Mücken sind mir eigentlich ziemlich egal. Ich lebe ja schließlich in einer Großstadt und nicht in einem Sumpfgebiet. Und das bisschen Blut – wenn sich das Tier schon die Mühe macht, auf Höhe des 11. Stocks rumzuschwirren, hat es sich die Stärkung verdient. Ja, Mücken sind mir ziemlich egal. Außer: Nachts.
„Ssssssssssssssssssssssssssssssss“. DAS geht gar nicht. Man liegt gemütlich im Bett, zählt Schäfchen: 28, 29, „Sssssssssssssssssssssssssssssssss“. Aufspringen, Licht an, Brille suchen. Irgendwo muss sie doch sein. Ist sie aber nicht. Nach 15 Minuten erfolgloser Suche gibt man auf. Neue Schafherde. 14, 15, „Sssssssssssssssssssssssssssssssssss“. ARGH! Licht, Brille, Suchen. Nichts. Wie vom Erdboden verschluckt. Müde, naja, vielleicht schafft man es ja, einzuschlafen, bevor sie wiederkommt. „Ssssssssssssssssssssssssssss.“ Hier kommt nun der Moment wo einen das Jagdfieber packt. Man streift stundenlang mit der Fliegenklatsche in der Hand durch das Zimmer, versucht kleine Lichtkegel zu projizieren um das Biest anzulocken, naja, all das eben.

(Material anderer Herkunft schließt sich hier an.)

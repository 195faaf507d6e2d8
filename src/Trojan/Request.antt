-- ===== src/Trojan/Request.antt =====
-- crates/clash-proxynet/src/trojan.rs: the request, part by part, and its destination read back.
use rust_clash.Common.{
  ℕ, ◌+◌, ◌-◌, ◌*◌, ◌^◌, ◌<◌, ◌≤◌, ◌≡◌, ◌⊎◌, inl, inr, refl, sym, ◌∙◌, ap, false, Option, none,
  some, List, [], ◌∷◌, ◌++◌, arith, ltb, length, length-append, length-replicate, take, drop,
  take-append_left, drop-append_left, write, write-next, replicate, be16,
}
use mathlib.Core.List.{append_assoc}
use rust_clash.Text.{Str}
use rust_clash.Utf8.{as_bytes}
use rust_clash.Net.{IpAddr}
use rust_clash.Address.{Stored, write_type_and_address}
use rust_clash.Address.Written.{read_destination, target_of, write_type_and_address_lem}
use rust_clash.Trojan.{hex_lower, finish_request, build_request}

length-hex_lower : (digest : List ℕ) → length (hex_lower digest) ≡ 2 * length digest
length-hex_lower [] = refl
length-hex_lower (b ∷ digest) = omega (arith, length-hex_lower digest)

length-whole :
    (front part : List ℕ) (port : ℕ)
    → length ((((front ++ part) ++ be16 port) ++ (13 ∷ [])) ++ (10 ∷ []))
      ≡ length front + length part + 4
length-whole front part port =
    let done = front ++ part in
    omega (
      arith,
      length-append front part,
      length-append done (be16 port),
      length-append (done ++ be16 port) (13 ∷ []),
      length-append ((done ++ be16 port) ++ (13 ∷ [])) (10 ∷ []),
    )

-- The same bytes, nested to the right.
regrouped :
    (hash part : List ℕ) (port : ℕ)
    → (((((((hash ++ (13 ∷ [])) ++ (10 ∷ [])) ++ (1 ∷ [])) ++ part) ++ be16 port) ++ (13 ∷ []))
        ++ (10 ∷ []))
      ≡ hash ++ (13 ∷ 10 ∷ 1 ∷ ((part ++ be16 port) ++ (13 ∷ 10 ∷ [])))
regrouped hash part port =
    let a = hash ++ (13 ∷ []) in
    let b = a ++ (10 ∷ []) in
    let c = b ++ (1 ∷ []) in
    let tail = 13 ∷ 10 ∷ [] in
    append_assoc ((c ++ part) ++ be16 port) (13 ∷ []) (10 ∷ [])
    ∙ ap (λ x. x ++ tail) (append_assoc c part (be16 port))
    ∙ append_assoc c (part ++ be16 port) tail
    ∙ append_assoc b (1 ∷ []) ((part ++ be16 port) ++ tail)
    ∙ append_assoc a (10 ∷ []) (1 ∷ ((part ++ be16 port) ++ tail))
    ∙ append_assoc hash (13 ∷ []) (10 ∷ 1 ∷ ((part ++ be16 port) ++ tail))

module _ (sha224 : List ℕ → List ℕ) (parse_ip : Str → Option IpAddr) where
  -- Behind a front and an address in a zeroed buffer with room for more.
  finish_request_lem :
      (port k : ℕ) (front part : List ℕ)
      → 4 ≤ k
      → finish_request sha224 parse_ip port front
          (Stored.stored (length part) (part ++ replicate k 0))
        ≡ Stored.stored
            (length front + length part + 4)
            (((((front ++ part) ++ be16 port) ++ (13 ∷ [])) ++ (10 ∷ [])) ++ replicate (k - 4) 0)
  unfolding finish_request
  finish_request_lem port k front part room =
      let offset = length front + length part in
      let done = front ++ part in
      let size : offset ≡ length done = omega (arith, length-append front part) in
      let zeros = length-replicate {A = ℕ} k 0 in
      let fits : ltb (length (front ++ (part ++ replicate k 0))) (offset + 4) ≡ false = ground (
        arith,
        zeros,
        room,
        length-append front (part ++ replicate k 0),
        length-append part (replicate k 0),
      ) in
      let written : write (offset + 3) (10 ∷ []) (
            write (offset + 2) (13 ∷ [])
              (write offset (be16 port) (front ++ (part ++ replicate k 0))))
          ≡ (((done ++ be16 port) ++ (13 ∷ [])) ++ (10 ∷ [])) ++ replicate (k - 2 - 1 - 1) 0 =
        ap
          (λ b.
            write (offset + 3) (10 ∷ [])
              (write (offset + 2) (13 ∷ []) (write offset (be16 port) b)))
          (sym (append_assoc front part (replicate k 0)))
        ∙ ap (λ b. write (offset + 3) (10 ∷ []) (write (offset + 2) (13 ∷ []) b))
            (write-next done (be16 port) offset k size)
        ∙ ap (write (offset + 3) (10 ∷ [])) (
            write-next (done ++ be16 port) (13 ∷ []) (offset + 2) (k - 2)
              (omega (arith, size, length-append done (be16 port))))
        ∙ write-next ((done ++ be16 port) ++ (13 ∷ [])) (10 ∷ []) (offset + 3) (k - 2 - 1) (
            omega (
              arith,
              size,
              length-append done (be16 port),
              length-append (done ++ be16 port) (13 ∷ []),
            )) in
      let rest : k - 2 - 1 - 1 ≡ k - 4 = omega arith in
      rw fits (
        ap (Stored.stored (offset + 4)) (
          written
          ∙ ap (λ j. (((done ++ be16 port) ++ (13 ∷ [])) ++ (10 ∷ [])) ++ replicate j 0) rest))

  refused :
      (port : ℕ) (front : List ℕ)
      → finish_request sha224 parse_ip port front Stored.string_too_long ≡ Stored.string_too_long
  unfolding finish_request
  refused port front = refl

  -- A request in a buffer of 320 bytes, when the digest has 28 bytes, the parser gives IPv6 addresses
  -- of sixteen octets, and the port has 16 bits: either the host is no address and has more than 255
  -- bytes, and is refused as too long; or the bytes stored are the digest in hexadecimal digits, a
  -- line's end, the command 1, a destination that the other end reads as the octets of the address,
  -- or the name, and the port, and a line's end.
  pub read_destination-build_request :
      (password host : Str) (port : ℕ)
      → length (sha224 (as_bytes password)) ≡ 28
      → ((six : List ℕ) → parse_ip host ≡ some (IpAddr.v6 six) → length six ≡ 16)
      → port < 2 ^ 16
      → ((parse_ip host ≡ none)
          × (255 < length (as_bytes host))
          × (build_request sha224 parse_ip (replicate 320 0) password host port
              ≡ Stored.string_too_long))
        ⊎ ((destination dest : List ℕ) × (n : ℕ) × (build_request sha224 parse_ip
                (replicate 320 0)
                password
                host
                port
              ≡ Stored.stored n dest)
            × (take n dest
                ≡ hex_lower (sha224 (as_bytes password))
                  ++ (13 ∷ 10 ∷ 1 ∷ (destination ++ (13 ∷ 10 ∷ []))))
            × (read_destination destination ≡ some (target_of (parse_ip host) host, port)))
  unfolding build_request
  read_destination-build_request password host port d six p =
      let hash = hex_lower (sha224 (as_bytes password)) in
      let size : length hash ≡ 56 =
        omega (arith, d, length-hex_lower (sha224 (as_bytes password))) in
      let front = ((hash ++ (13 ∷ [])) ++ (10 ∷ [])) ++ (1 ∷ []) in
      let one = length-append hash (13 ∷ []) in
      let two = length-append (hash ++ (13 ∷ [])) (10 ∷ []) in
      let long : length front ≡ 59 =
        omega (arith, size, one, two, length-append ((hash ++ (13 ∷ [])) ++ (10 ∷ [])) (1 ∷ [])) in
      let left : 320 - length hash - 1 - 1 - 1 ≡ 261 = omega (arith, size) in
      let started : write 58 (1 ∷ [])
            (write 57 (10 ∷ []) (write 56 (13 ∷ []) (write 0 hash (replicate 320 0))))
          ≡ front ++ replicate 261 0 =
        ap (λ b. write 58 (1 ∷ []) (write 57 (10 ∷ []) (write 56 (13 ∷ []) b)))
          (write-next [] hash 0 320 refl)
        ∙ ap (λ b. write 58 (1 ∷ []) (write 57 (10 ∷ []) b))
            (write-next hash (13 ∷ []) 56 (320 - length hash) (omega (arith, size)))
        ∙ ap (write 58 (1 ∷ [])) (
            write-next (hash ++ (13 ∷ [])) (10 ∷ []) 57 (320 - length hash - 1)
              (omega (arith, size, one)))
        ∙ write-next ((hash ++ (13 ∷ [])) ++ (10 ∷ [])) (1 ∷ []) 58 (320 - length hash - 1 - 1)
            (omega (arith, size, one, two))
        ∙ ap (λ j. front ++ replicate j 0) left in
      let before : take 59 (front ++ replicate 261 0) ≡ front =
        take-append_left front (replicate 261 0) 59 (omega (arith, long)) in
      let behind : drop 59 (front ++ replicate 261 0) ≡ replicate 261 0 =
        drop-append_left front (replicate 261 0) 59 (omega (arith, long)) in
      let address = write_type_and_address parse_ip host (replicate 261 0) 1 3 4 in
      let built : build_request sha224 parse_ip (replicate 320 0) password host port
          ≡ finish_request sha224 parse_ip port front address =
        ap
          (λ b.
            finish_request sha224 parse_ip port (take 59 b)
              (write_type_and_address parse_ip host (drop 59 b) 1 3 4))
          started
        ∙ ap
            (λ b.
              finish_request sha224 parse_ip port b
                (write_type_and_address parse_ip host (drop 59 (front ++ replicate 261 0)) 1 3 4))
            before
        ∙ ap
            (λ b.
              finish_request sha224 parse_ip port front
                (write_type_and_address parse_ip host b 1 3 4))
            behind in
      elim (write_type_and_address_lem parse_ip host 261 (omega arith) six) [
        | inl (no_ip, too_long, e) ↦ inl (
          no_ip,
          too_long,
          built ∙ ap (finish_request sha224 parse_ip port front) e ∙ refused port front,
        )
        | inr (part, fits, e, read) ↦
            let k = 261 - length part in
            let whole = (((front ++ part) ++ be16 port) ++ (13 ∷ [])) ++ (10 ∷ []) in
            let sizes : length whole ≡ length front + length part + 4 =
              length-whole front part port in
            inr (
              part ++ be16 port,
              whole ++ replicate (k - 4) 0,
              length front + length part + 4,
              built
                  ∙ ap (finish_request sha224 parse_ip port front) e
                  ∙ finish_request_lem port k front part (omega (arith, fits)),
              take-append_left whole (replicate (k - 4) 0) (length front + length part + 4)
                    (sym sizes)
                  ∙ regrouped hash part port,
              read port p,
            )
      ]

Gestern war ich auch wieder an diesem Punkt. „Sssssssssssssssssssssssssssssss“. Frustriert durchstöberte ich das Internet nach einem wirksamen Mittel. „Katzenminze“, stand da, „Katzenminze wirkt ausgezeichnet gegen Mücken, auch als ätherisches Öl.“ Prima, dachte ich mir, davon habe ich ja noch ein ganzes Fläschchen. War übrig geblieben von einem ominösen Spielzeug aus dem Baumarkt, das weder mit noch ohne Tropfen bei meiner Miez ankam. „Einfach ein paar Tropfen auf das Kopfkissen und Sie haben Ruhe vor Mücken.“ Klang fantastisch! Ein wenig „Kitty minzie“ (sic!) hier und da und schon konnte ich mich entspannt in mein Bett kuscheln. Hach, endlich. Schaf 32, 33, 3… „Sssssssssssssssssssssssssssssssss“. NEIN!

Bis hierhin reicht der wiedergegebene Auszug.